_Dataset records_
....................

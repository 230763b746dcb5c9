-- ===== src/Lib.antt =====
-- router-manager: the admin backend of the router container (backend/), which edits the configuration
-- of a reverse proxy (Caddy), of the egress firewall and of the password gate in front of its own API.
--
-- The parts, and the files that model them:
--
-- Prelude, Text and Net are shared. A text is the list of its bytes; Text has what the program
-- calls of Go's strings and strconv (equal, cut_prefix, split, trim_space, Quote, Itoa, ParseInt),
-- on ASCII where Go folds case or quotes (Text.Folded describes lower case byte by byte), and Net
-- has net.ParseIP, net.SplitHostPort and net.ParseCIDR. Prelude has the (value, error) results
-- (Outcome, with the errors that callers tell apart), and the operations that change a state and
-- may fail (Exec): a failing one keeps what it had changed.
--
-- TargetGuard is backend/internal/targetguard: Validate, ValidateHost, IsSelfHost. The environment is
-- an argument: the extra hosts, and the value of the variable that opts out of the allowlist.
--
-- DevProxy is backend/internal/devproxy, AppRoutes is backend/internal/approutes: Fragment has
-- Render and parseStructured, Validate the validators, Store the operations Create,
-- UpdateStructured, UpdateRaw and Delete, Normalize the repair at start-up. Both packages keep
-- their fragment files by the same code, which is Fragments: a directory is an association list of
-- names and contents (the part of each file name before `.caddy`), and a System says of each system
-- call and of `caddy adapt` and `caddy reload` whether it succeeds, so that a write may fail, leave
-- a torn file, or be refused by Caddy and rolled back.
--
-- AuthGate is backend/internal/authgate: Attempts has the lockout, Password the argon2id hashes, Token
-- the signed cookies, Gate the state and its operations. The clock is an argument, in nanoseconds;
-- a duration keeps the wrap-around of int64. argon2, HMAC, base64, JSON and the scanning of numbers are
-- parameters (Codec, Signing, Machine) with their documented behaviour as named hypotheses.
--
-- NetGate is backend/internal/netgate: Config has the live file, Outbound the ordered rules and
-- checkV4Backstop, Forwards the port forwards and the bandwidth limits. yaml.v3 is a parameter, and the
-- content of the file is of any type.
--
-- TinyauthUsers is backend/internal/tinyauthusers: the stored users and the line of shell that hands
-- them to the forward-auth server; its Shell has a reader of that line, by the rules of the shell.
--
-- Fragments.Listing is the code that List of both stores shares, and Fragments.RollBack what Delete
-- makes of a fragment that Create just wrote.
--
-- Keyed has lists of entries with a name (the loops that look one up, replace it or drop it) and their
-- order by name; Document has a settings file that is read whole, changed, and written whole, with its
-- encoder as a parameter (Codec) and whether reads and writes work. Tailscale, Vnc and Dns stand on both.
--
-- Tailscale is backend/internal/tailscale: Config has the data of config.yaml and the validators, Global
-- the settings outside the lists, Forwards and Publishes the operations on the two lists, Names what
-- the forwards promise as a map from names, Login the LoginManager of login.go. Login.Reach runs it
-- in a world of numbered processes that may end at any moment and be reaped later. Status has state.go
-- and status.go, over a parameter for what the tailscale binary answers. url.Parse and the environment
-- are arguments.
--
-- Vnc is backend/internal/vnc: Target has the registered targets and validate, Viewer the addresses of
-- the viewer pages with what they use of net/url, Store the operations on the registry file and on the
-- directory of App Routes beside it, which they change by the operations of AppRoutes.Store.
--
-- Dns is backend/internal/dns: System has the files below the state directory by their cleaned
-- paths, Hosts the lists of hosts and their files, Manifest the manifest of reconcile.go, Sources
-- the custom sources and the built-in one, Listing the List of blocklist.go with its duplicates,
-- Query the arguments of dig, CustomHosts customhosts.go and resolver.go. Sources.Path says which
-- path a source's name comes to, and CustomHosts.Reading has a reader of the hosts format. SHA-1,
-- the order in which Go ranges over a map, and dig are parameters; the time that a query takes is
-- left out of its result.
--
-- Fuel: parse_routes of DevProxy.Fragment runs on the number of lines, of which each route takes one
-- at least; decimal runs on the number plus one; parse_groups of Net.Address on the eight groups of an
-- IPv6 address. No other definition has fuel.
--
-- Not modelled: running the caddy, tailscale and dig binaries and supervisord (system calls); the packages
-- atomicfile, vhostpwa, envversionprefs and supervisor; the HTTP handlers; and everything that is not Go (the frontend and the shell scripts).
pub mod Prelude
pub mod Text
pub mod Net
mod Tests
pub mod TargetGuard
pub mod Fragments
pub mod DevProxy
pub mod AppRoutes
pub mod AuthGate
pub mod NetGate
pub mod TinyauthUsers
pub mod Document
pub mod Keyed
pub mod Tailscale
pub mod Vnc
pub mod Dns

....................

Report how many lines of the data hold the string "backend"; give only the number.

_Response to the task_
9